In the resource group folder - ccreate a sql database

Enter inital values - then create a database server.
For simplicity choose sql authentication.
Enter the login details and create the server.

Review and create.

Prepare the SQLServer database

Once the deployment is complete click on the “go to resource “button

Next, go to the servers firewall settings and make sure that the Allow Azure services and resources to access this server is ticked. This will allow the data factory to write to the database.

Set server Firewall > Public Access > Selected Networks.

Select Save - and close the blade when done.

Create the source blob storage

Create a local text file and use your local Azure Storage Explorer client - choose to connect to the Blob container. Make sure that you are loged into your Azure account from the Azure Storage Explorer.

The text file is called azureblobtestfile.txt and contains the following text:

Use the Azure Storage Explorer to upload the file to the blob container created previousely - called testblobfordf.txt

Note if your subscription is not visible you may have to first “Attach a resource” > Subscription > Azure > Next > Pick an account (sign in wiht Azure).

If Azure subscription not visible after signing in - then you may need to unfilter (one time code sent to your mobile phone). Unfilter to expose Default Directory Subscription

Click on Open Explorer and upload the local text file to the blob container.

Create the sink SQL database

Next, create the sink table i.e the destination table in the SQL database.

Make sure Azure Data Studio client is installed locally - and connect to the SQL database

Add your acccount to the firewall rule and click ok.
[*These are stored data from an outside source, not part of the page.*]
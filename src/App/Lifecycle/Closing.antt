-- ===== src/App/Lifecycle/Closing.antt =====
-- internal/app/lifecycle.go, `closeAll`: the order in which the services are shut down. What was shut
-- down is kept beside the world, the latest first.
use sakura_nexus.Base.{
  ℕ, zero, suc, ◌≤◌, ◌≡◌, refl, ap, sym, ◌∙◌, Bool, Option, some, List, [], ◌∷◌, ◌++◌, append_assoc,
  append-nil, length, take, arith,
}
use sakura_nexus.App.Lifecycle.{get_elem?, close_down, close_all}

abbrev pub recorded {ℓ} :
    {W Service : Type ℓ}
    → (Service → W → Bool × W)
    → Service
    → W × List Service
    → Bool × (W × List Service)
recorded shutdown s (w, log) = let (fine, w') = shutdown s w in (fine, (w', s ∷ log))

module _ {W Service : Type 0} (shutdown : Service → W → Bool × W) where
  abbrev look_up : List Service → ℕ → Option Service
  look_up = get_elem? (recorded shutdown)

  take-suc :
      (regs : List Service) (i : ℕ) (s : Service)
      → look_up regs i ≡ some s
      → take (suc i) regs ≡ take i regs ++ s ∷ []
  unfolding get_elem?
  take-suc [] i s h = absurd (ground (arith, h))
  take-suc (r ∷ regs) zero s h = ground (arith, h)
  take-suc (r ∷ regs) (suc i) s h = ap (λ t. r ∷ t) (take-suc regs i s h)

  get_elem?-some :
      (regs : List Service) (i : ℕ)
      → suc i ≤ length regs
      → (s : Service) × (look_up regs i ≡ some s)
  unfolding get_elem?
  get_elem?-some [] i h = absurd (omega arith)
  get_elem?-some (r ∷ regs) zero h = (r, refl)
  get_elem?-some (r ∷ regs) (suc i) h = get_elem?-some regs i (omega arith)

  close_down-log :
      (regs : List Service) (i : ℕ) (w : W) (log : List Service)
      → i ≤ length regs
      → (close_down (recorded shutdown) regs i (w, log)).1 ≡ take i regs ++ log
  unfolding close_down
  close_down-log regs zero w log h = refl
  close_down-log regs (suc i) w log h =
      let (s, at) = get_elem?-some regs i h in
      rw (at, close_down, take-suc regs i s at)
        (close_down-log regs i (shutdown s w).1 (s ∷ log) (omega arith)
          ∙ sym (append_assoc (take i regs) (s ∷ []) log))

  take-length : (regs : List Service) → take (length regs) regs ≡ regs
  take-length [] = refl
  take-length (r ∷ regs) = ap (λ t. r ∷ t) (take-length regs)

  -- Every service is shut down once, from the one that was registered last to the first, whether or
  -- not the others fail: the log, whose latest entry stands first, is the list of the services.
  pub close_all-log :
      (regs : List Service) (w : W) → (close_all (recorded shutdown) regs (w, [])).1 ≡ regs
  unfolding close_all
  close_all-log regs w =
      close_down-log regs (length regs) w [] (omega arith)
      ∙ append-nil (take (length regs) regs)
      ∙ take-length regs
Next create a new query and run the following SQL to create a table in the database:

CREATE TABLE dbo.emp
(
    ID int IDENTITY(1,1) NOT NULL,
    FirstName varchar(50),
    LastName varchar(50)
)
GO
CREATE CLUSTERED INDEX IX_emp_ID ON dbo.emp (ID);

Run the query to create the table.

Next create a data faqctory in the same resource group.

In the Azure portal:

Click > Go to resource > Launch Studio

Create a pipeline

Use Copy Data tool to create a pipeline

Choose built in copy task

Create source connection

Select source and Click on new connection to create a new connection.

Once created test the connection and click create.

Create source data store

Point to the text file in the blob container:

Enable first row as header and preview the data > Next

Create destination data store

Create a new connection to the SQL database - and test the connection

Select use existing table and choose the table created previously.

On the column mapping page - delete the id column and map the first name and last name columns:

Pipeline component

Provide a name for the pipeline (copy data tool) and click next:

Review the summary and click next:

Confirm deployment complete:

Run the pipeline

Go to Author tab, select the pipeline and run it. Confirm that run succeeded.

Verify the data is in the dbo.emp table in the SQL database - by selecting the destination table and running preview data:

Conclusion

In this article we have seen how to create a simple data factory pipeline to copy data from a blob storage to a SQL database. We have seen how to create the source and destination data stores, and how to use the copy data tool to create a pipeline. We have also seen how to run the pipeline and verify that the data has been copied to the destination table.

Azure Data Factory is a powerful tool for building scalable data integration solutions, and it provides a platform for creating data-driven workflows that allow you to ingest, prepare, transform, and process data from disparate sources at scale. It is a key component of the Azure data engineering ecosystem and is widely used for building data integration solutions in the cloud.